Edit: No, I see what you are saying about the columns all being one. I think the first line of the csv file is confusing it. It is reading it as the column names, but there are no commas, so it only sees one column. Try deleting the first row of the csv file and see if that improves things.

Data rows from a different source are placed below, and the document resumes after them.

-- ===== src/Calculator/Refs.antt =====
-- `_resolve_refs` and `_substitute_placeholders` of src/kayak/cli/calculator.py.
use kayak_python.Base.{
  ℕ, zero, suc, String, Bool, Option, none, some, List, [], ◌∷◌, codes, ◌&◌, decimal, length, leb,
  if◌then◌else◌,
}
use kayak_python.Base.Chars.{Chars, eq_chars, split_words, split_by, replace}
use kayak_python.Base.Assoc.{get_by, put_by}
use kayak_python.Base.Dict.{Dict, put}
use kayak_python.Base.Sort.{sort}
use kayak_python.Observations.Store.{DataType, gauge, flow, inflow, temperature}
use kayak_python.Cache.Tables.{LatestGaugeObservation, get_latest_gauge}

-- `DataType(text)`
unfoldable pub type_named : Chars → Option DataType
type_named t =
    if eq_chars t (codes "gauge")
    then some gauge
    else if eq_chars t (codes "flow")
    then some flow
    else if eq_chars t (codes "inflow")
    then some inflow
    else if eq_chars t (codes "temperature")
    then some temperature
    else none

-- The gauge and the type that the parts of a ref name; more than three parts are read as three.
abbrev pub ref_parts : List Chars → Option (Chars × Chars)
ref_parts (key ∷ name ∷ t ∷ more) = some (name, t)
ref_parts (name ∷ t ∷ []) = some (name, t)
ref_parts _ = none

-- What the refs come to: their values, by ref, and their times.
pub record Resolved (V : Type 0) : Type 0 where
  pub values : List (Chars × V)
  pub times : List ℕ

module _ {V : Type 0} (is_finite : V → Bool) where
  abbrev pub finite_value : Option (LatestGaugeObservation V) → Option (LatestGaugeObservation V)
  finite_value none = none
  finite_value (some r) = if is_finite r.value then some r else none

  abbrev pub latest_of :
      List (LatestGaugeObservation V)
      → Option ℕ
      → Option DataType
      → Option (LatestGaugeObservation V)
  latest_of table none t = none
  latest_of table (some zero) t = none
  latest_of table (some (suc i)) none = none
  latest_of table (some (suc i)) (some t) = finite_value (get_latest_gauge (suc i) t table)

  abbrev pub latest_of_parts :
      List (Chars × ℕ)
      → List (LatestGaugeObservation V)
      → Option (Chars × Chars)
      → Option (LatestGaugeObservation V)
  latest_of_parts ids table none = none
  latest_of_parts ids table (some p) = latest_of table (get_by eq_chars p.0 ids) (type_named p.1)

  -- The value that one ref stands for, `none` where the code gives up.
  unfoldable pub ref_value :
      List (Chars × ℕ) → List (LatestGaugeObservation V) → Chars → Option (LatestGaugeObservation V)
  unfolding split_by get_by type_named get_latest_gauge
  ref_value ids table r = latest_of_parts ids table (ref_parts (split_by (codes "::") r))

  -- `values[ref] = ...` and `times.append(...)`
  abbrev pub add_ref : Chars → LatestGaugeObservation V → Resolved V → Resolved V
  add_ref r row acc = record {
    values = put_by eq_chars r row.value acc.values;
    times = row.observed_at ∷ acc.times;
  }

  abbrev pub and_then :
      Chars
      → Option (LatestGaugeObservation V)
      → Resolved V
      → (Resolved V → Option (Resolved V))
      → Option (Resolved V)
  and_then r none acc next = none
  and_then r (some row) acc next = next (add_ref r row acc)

  unfoldable pub resolve_list :
      List (Chars × ℕ)
      → List (LatestGaugeObservation V)
      → List Chars
      → Resolved V
      → Option (Resolved V)
  unfolding ref_value put_by
  resolve_list ids table [] acc = some acc
  resolve_list ids table (r ∷ rs) acc =
      and_then r (ref_value ids table r) acc (resolve_list ids table rs)

  -- `min(times)`
  abbrev pub earliest : ℕ → List ℕ → ℕ
  earliest t [] = t
  earliest t (u ∷ us) = earliest (if leb t u then t else u) us

  abbrev pub with_earliest : Option (Resolved V) → Option (List (Chars × V) × ℕ)
  with_earliest none = none
  with_earliest (some acc) = elim acc.times [
    | [] ↦ none
    | t ∷ ts ↦ some (acc.values, earliest t ts)
  ]

  -- `_resolve_refs`
  unfoldable pub resolve_refs :
      List (Chars × ℕ) → List (LatestGaugeObservation V) → Chars → Option (List (Chars × V) × ℕ)
  unfolding resolve_list split_words
  resolve_refs ids table time_expression =
      with_earliest
        (resolve_list ids table (split_words time_expression) record { values = []; times = [] })

abbrev pub placeholder : ℕ → String
placeholder i = "_v" & decimal i

module _ {V : Type 0} where
  -- The loop over the refs, the i-th one to "_v<i>".
  unfoldable pub put_placeholders : ℕ → List (Chars × V) → Chars → Dict V → Chars × Dict V
  unfolding replace decimal put
  put_placeholders i [] expr values = (expr, values)
  put_placeholders i ((r, v) ∷ rest) expr values =
      put_placeholders (suc i) rest (replace r (codes (placeholder i)) expr)
        (put (placeholder i) v values)

  -- `sorted(values, key=len, reverse=True)`, which keeps the order of refs of the same length.
  unfoldable pub longest_first : List (Chars × V) → List (Chars × V)
  unfolding sort
  longest_first values = sort (λ a b. leb (length b.0) (length a.0)) values

  abbrev pub sql_names : Chars × Dict V → Chars × Dict V
  sql_names (expr, values) = (
    replace (codes "least(") (codes "min(") (replace (codes "greatest(") (codes "max(") expr),
    values,
  )

  -- `_substitute_placeholders`
  unfoldable pub substitute_placeholders : Chars → List (Chars × V) → Chars × Dict V
  unfolding put_placeholders longest_first replace
  substitute_placeholders expression values =
      sql_names (put_placeholders 0 (longest_first values) expression [])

RE: Importing a .csv file to dataframe - crispyduck - Jan-11-2019

Thanks for the pointer to the Stack overflow post, I got searching around in this area and found some more useful posts but not enough to solve my problem

I know that my .csv file needs more processing before I read it in as all the data is in a single column and the headings are being ignored.

the following code forces the headings to be seen so ive manually done this for the first 3 lines,
my_string1 = 'Reading values,Reading values timestamp,Insert time,Reporting type,Errorcode,OBIS code,Unit,Factor,CT factor,Quality,Quality Status Word,Reading reason'
my_string2 = '29041.601,21.11.2018 14:30:00,21.11.2018 14:45:06,absolute,0,8-0:1.0.0*255,m³,1.000,1.000,Real value,No errors,Periodic'
my_string3 = '29041.601,"21.11.2018 14:30:00","21.11.2018 14:45:06","absolute","0","8-0:1.0.0*255","m³","1.000","1.000","Real value","No errors","Periodic"'
my_list1 = my_string1.split(",")
my_list2 = my_string2.split(",")
my_list3 = my_string3.split(",")

path = 'desktop/rawdata.csv'
rows = [my_list1,my_list2,my_list3]

with open(path, "w") as csv_file:
    writer = csv.writer(csv_file, delimiter=',')
    for row in rows:
        writer.writerow(row)
This nicely spreads my data across 12 colums with data underneath them Cool
however my file has just under 7000 lines so this isnt practical!


is there a way that I can get this process (or a similar one that does more or less the same thing) to iterate through my whole file?


RE: Importing a .csv file to dataframe - ichabod801 - Jan-11-2019

I just did a check. The file reads fine for me if I delete the first line. Is that not working for you?